**How to complete this task:** How many lines in the entries below contain the string "length"? Reply with the number only.

===============

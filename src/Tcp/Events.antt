-- ===== src/Tcp/Events.antt =====
-- Runs of a connection: segments, reads, writes, deadlines, errors and closing in any order.
use curlu.Base.{
  ℕ, zero, suc, Bool, true, false, Option, none, some, List, [], ◌∷◌, ◌++◌, ◌+◌, ◌<◌, ◌≡◌, refl,
  sym, ap, ◌∙◌, arith, Bytes, length, take, drop, All, Option-cases, inl, inr, append-nil,
}
use curlu.Tcp.Defs.{
  word, ConnError, Segment, Conn, send_locked, handle_segment, ReadResult, waits, returns, read,
  read_woken, deadline_err, woken_by, write_loop, segment_size, write, say_fin, close, fail_conn,
}
use curlu.Tcp.Write.{moved, write_loop-sent, write_loop_failed, send_locked-Keeps}
use curlu.Tcp.Transfer.{IsGenuine, Tracks, handle_segment-Tracks, read-Tracks}

-- What the peer, the program and the socket do. A read or a write comes with the clock's reading, a
-- read that wakes up with the deadline that it waited for and the two readings of the clock.
pub data Event : Type 0 where
  arrives : Segment → Event
  reads : ℕ → ℕ → Event
  wakes : Option ℕ → ℕ → ℕ → ℕ → Event
  writes : Bytes → ℕ → Event
  read_deadline : Option ℕ → Event
  write_deadline : Option ℕ → Event
  deadline : Option ℕ → Event
  breaks : ConnError → Event
  closes : Event

-- The bytes that were read so far, and the connection.
abbrev pub View : Type 0
View = Bytes × Conn

abbrev after_read : View → ReadResult → View
after_read v (waits _) = v
after_read (was_read, c) (returns d b e) = (was_read ++ b, d)

unfoldable pub perform : View → Event → View
perform (was_read, c) (arrives g) = (was_read, handle_segment c g)
perform (was_read, c) (reads n now) = after_read (was_read, c) (read c n now)
perform (was_read, c) (wakes awaited n woken now) =
    after_read (was_read, c) (read_woken c awaited n woken now)
perform (was_read, c) (writes p now) = (was_read, (write c p now).0)
perform (was_read, c) (read_deadline t) = (was_read, record c { read_deadline = t })
perform (was_read, c) (write_deadline t) = (was_read, record c { write_deadline = t })
perform (was_read, c) (deadline t) = (was_read, record c { read_deadline = t; write_deadline = t })
perform (was_read, c) (breaks e) = (was_read, fail_conn c e)
perform (was_read, c) closes = (was_read, close c)

unfoldable pub run : View → List Event → View
unfolding perform
run v [] = v
run v (e ∷ es) = run (perform v e) es

abbrev pub FromPeer : Bytes → ℕ → Event → Type 0
FromPeer stream start (arrives g) = IsGenuine stream start g
FromPeer stream start _ = Unit

-- The receiving half of a connection.
record SameView (c d : Conn) : Type 0 where
  read_buf : d.read_buf ≡ c.read_buf
  rcv_nxt : d.rcv_nxt ≡ c.rcv_nxt
  got_fin : d.got_fin ≡ c.got_fin

SameView-refl : (c : Conn) → SameView c c
SameView-refl c = record { read_buf = refl; rcv_nxt = refl; got_fin = refl }

Tracks-SameView :
    {stream : Bytes} {start : ℕ} {was_read : Bytes} {c d : Conn}
    → Tracks stream start was_read c
    → SameView c d
    → Tracks stream start was_read d
Tracks-SameView {start} {was_read} t s = record {
  count = t.count;
  within = t.within;
  received = ap (λ b. was_read ++ b) s.read_buf ∙ t.received;
  awaits = rw s.got_fin (s.rcv_nxt ∙ t.awaits);
  ended = λ e. t.ended (sym s.got_fin ∙ e);
}

write_loop-SameView :
    (f mss : ℕ) (c : Conn) (sent : ℕ) (rest : Bytes) → SameView c (write_loop f mss c sent rest).0
write_loop-SameView f mss c sent [] = unfold write_loop in SameView-refl c
write_loop-SameView zero mss c sent (b ∷ rest) = unfold write_loop in SameView-refl c
write_loop-SameView (suc f) mss c sent (b ∷ rest) =
    let chunk = take mss (b ∷ rest) in
    let k = send_locked-Keeps c false true true false chunk in
    elim (Option-cases (send_locked c false true true false chunk).1) [
      | inl e ↦
          let s =
            write_loop-SameView f mss (moved f mss c sent b rest) (sent + length chunk)
              (drop mss (b ∷ rest)) in
          rw (write_loop-sent f mss c sent b rest e) (record {
            read_buf = s.read_buf ∙ k.read_buf;
            rcv_nxt = s.rcv_nxt ∙ k.rcv_nxt;
            got_fin = s.got_fin ∙ k.got_fin;
          })
      | inr (x, e) ↦
          rw (write_loop_failed f mss c sent b rest x e)
            (record { read_buf = k.read_buf; rcv_nxt = k.rcv_nxt; got_fin = k.got_fin })
    ]

write-SameView : (c : Conn) (p : Bytes) (now : ℕ) → SameView c (write c p now).0
unfolding write
write-SameView c p now =
    ground (arith, write_loop-SameView (length p) (segment_size c.peer_mss) c 0 p)

say_fin-SameView : (c : Conn) (b : Bool) (e : Option ConnError) → SameView c (say_fin c b e)
unfolding say_fin
say_fin-SameView c true e = SameView-refl c
say_fin-SameView c false (some x) = SameView-refl c
say_fin-SameView c false none =
    let k = send_locked-Keeps c false true false true [] in
    record { read_buf = k.read_buf; rcv_nxt = k.rcv_nxt; got_fin = k.got_fin }

close-SameView : (c : Conn) → SameView c (close c)
unfolding close
close-SameView c =
    let s = say_fin-SameView c c.closed c.error in
    record { read_buf = s.read_buf; rcv_nxt = s.rcv_nxt; got_fin = s.got_fin }

fail_conn-SameView : (c : Conn) (e : ConnError) → SameView c (fail_conn c e)
unfolding fail_conn
fail_conn-SameView c e = ground arith

module _ (stream : Bytes) (start : ℕ) (short : length stream + 1 < word) where
  after_read-Tracks :
      (was_read : Bytes) (c : Conn) (n now : ℕ)
      → Tracks stream start was_read c
      → Tracks stream start
          (after_read (was_read, c) (read c n now)).0
          (after_read (was_read, c) (read c n now)).1
  after_read-Tracks was_read c n now t = by_result (read c n now) refl
    where
      by_result :
          (r : ReadResult)
          → read c n now ≡ r
          → Tracks stream start (after_read (was_read, c) r).0 (after_read (was_read, c) r).1
      by_result (waits _) h = t
      by_result (returns d b e) h = read-Tracks stream start short n now t h

  after_woken-Tracks :
      (was_read : Bytes) (c : Conn) (awaited : Option ℕ) (n woken now : ℕ)
      → Tracks stream start was_read c
      → Tracks stream start
          (after_read (was_read, c) (read_woken c awaited n woken now)).0
          (after_read (was_read, c) (read_woken c awaited n woken now)).1
  unfolding read_woken
  after_woken-Tracks was_read c awaited n woken now t = by_error (deadline_err awaited woken)
    where
      by_error :
          (e : Option ConnError)
          → Tracks stream start
              (after_read (was_read, c) (woken_by c n now e)).0
              (after_read (was_read, c) (woken_by c n now e)).1
      by_error (some e) = rw (append-nil was_read) t
      by_error none = after_read-Tracks was_read c n now t

  perform-Tracks :
      (was_read : Bytes) (c : Conn) (e : Event)
      → Tracks stream start was_read c
      → FromPeer stream start e
      → Tracks stream start (perform (was_read, c) e).0 (perform (was_read, c) e).1
  unfolding perform
  perform-Tracks was_read c (arrives g) t from = handle_segment-Tracks stream start short t from
  perform-Tracks was_read c (reads n now) t _ = after_read-Tracks was_read c n now t
  perform-Tracks was_read c (wakes awaited n woken now) t _ =
      after_woken-Tracks was_read c awaited n woken now t
  perform-Tracks was_read c (writes p now) t _ = Tracks-SameView t (write-SameView c p now)
  perform-Tracks was_read c (read_deadline d) t _ =
      Tracks-SameView t (record { read_buf = refl; rcv_nxt = refl; got_fin = refl })
  perform-Tracks was_read c (write_deadline d) t _ =
      Tracks-SameView t (record { read_buf = refl; rcv_nxt = refl; got_fin = refl })
  perform-Tracks was_read c (deadline d) t _ =
      Tracks-SameView t (record { read_buf = refl; rcv_nxt = refl; got_fin = refl })
  perform-Tracks was_read c (breaks e) t _ = Tracks-SameView t (fail_conn-SameView c e)
  perform-Tracks was_read c closes t _ = Tracks-SameView t (close-SameView c)

  -- A peer sends one stream of fewer than 2^32 - 1 bytes, and its segments arrive in any order, any
  -- number of times or not at all, between reads, writes, deadlines, errors and closing. If what was
  -- read and then what is buffered is the first bytes of the stream, the next number that is awaited
  -- is the one behind them, and the end was seen only with all of them there, then this is so after
  -- any such sequence too.
  pub run-Tracks :
      (was_read : Bytes) (c : Conn) (es : List Event)
      → Tracks stream start was_read c
      → All (FromPeer stream start) es
      → Tracks stream start (run (was_read, c) es).0 (run (was_read, c) es).1
  unfolding run
  run-Tracks was_read c [] t _ = t
  run-Tracks was_read c (e ∷ es) t (from, later) =
      let (r, d) = perform (was_read, c) e in
      run-Tracks r d es (perform-Tracks was_read c e t from) later
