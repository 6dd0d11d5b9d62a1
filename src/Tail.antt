-- ===== src/Tail.antt =====
-- homework/hw2/1/tail.c: the last lines of the first 1024 bytes of a file. The number of lines is a
-- parameter here, and Tail/Options has the options that give it.
pub mod Lines
pub mod Options
pub mod Whole
mod Tests
use linux_programming.Base.{
  ℕ, zero, suc, ◌+◌, ◌-◌, Bool, true, false, ◌&&◌, List, [], ◌∷◌, Option, none, some, ◌==◌,
  if◌then◌else◌, length, take, drop,
}
use linux_programming.Cstr.{Bytes, newline}

-- `buf[i]`; 0 behind what was read.
abbrev pub byte_at : Bytes → ℕ → ℕ
byte_at [] i = 0
byte_at (x ∷ xs) zero = x
byte_at (x ∷ xs) (suc i) = byte_at xs i

-- `i > 0 && lines == numLines - 1 && buf[i - 1] == '\n'`
abbrev pub is_start : Bytes → ℕ → ℕ → ℕ → Bool
is_start buf num_lines lines zero = false
is_start buf num_lines lines (suc i) = lines + 1 == num_lines && byte_at buf i == newline

-- The `for` loop from `i - 1` down to 0: the value that it gives `cur`, if any.
unfoldable pub find_cur : Bytes → ℕ → ℕ → ℕ → Option ℕ
find_cur buf num_lines lines zero = none
find_cur buf num_lines lines (suc i) =
    let after_newline = find_cur buf num_lines (lines + 1) i in
    let on = find_cur buf num_lines lines i in
    if byte_at buf i == newline
    then after_newline
    else if is_start buf num_lines lines i
    then some i
    else on

-- `cur = (cur == -1) ? 0 : cur`
abbrev pub cur_of : Option ℕ → ℕ
cur_of none = 0
cur_of (some i) = i

-- What is written: the bytes from `cur` on of those that `read` gives.
unfoldable pub tail : ℕ → Bytes → Bytes
unfolding find_cur
tail num_lines file =
    let buf = take 1024 file in drop (cur_of (find_cur buf num_lines 0 (length buf))) buf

===============

**Your response:** 6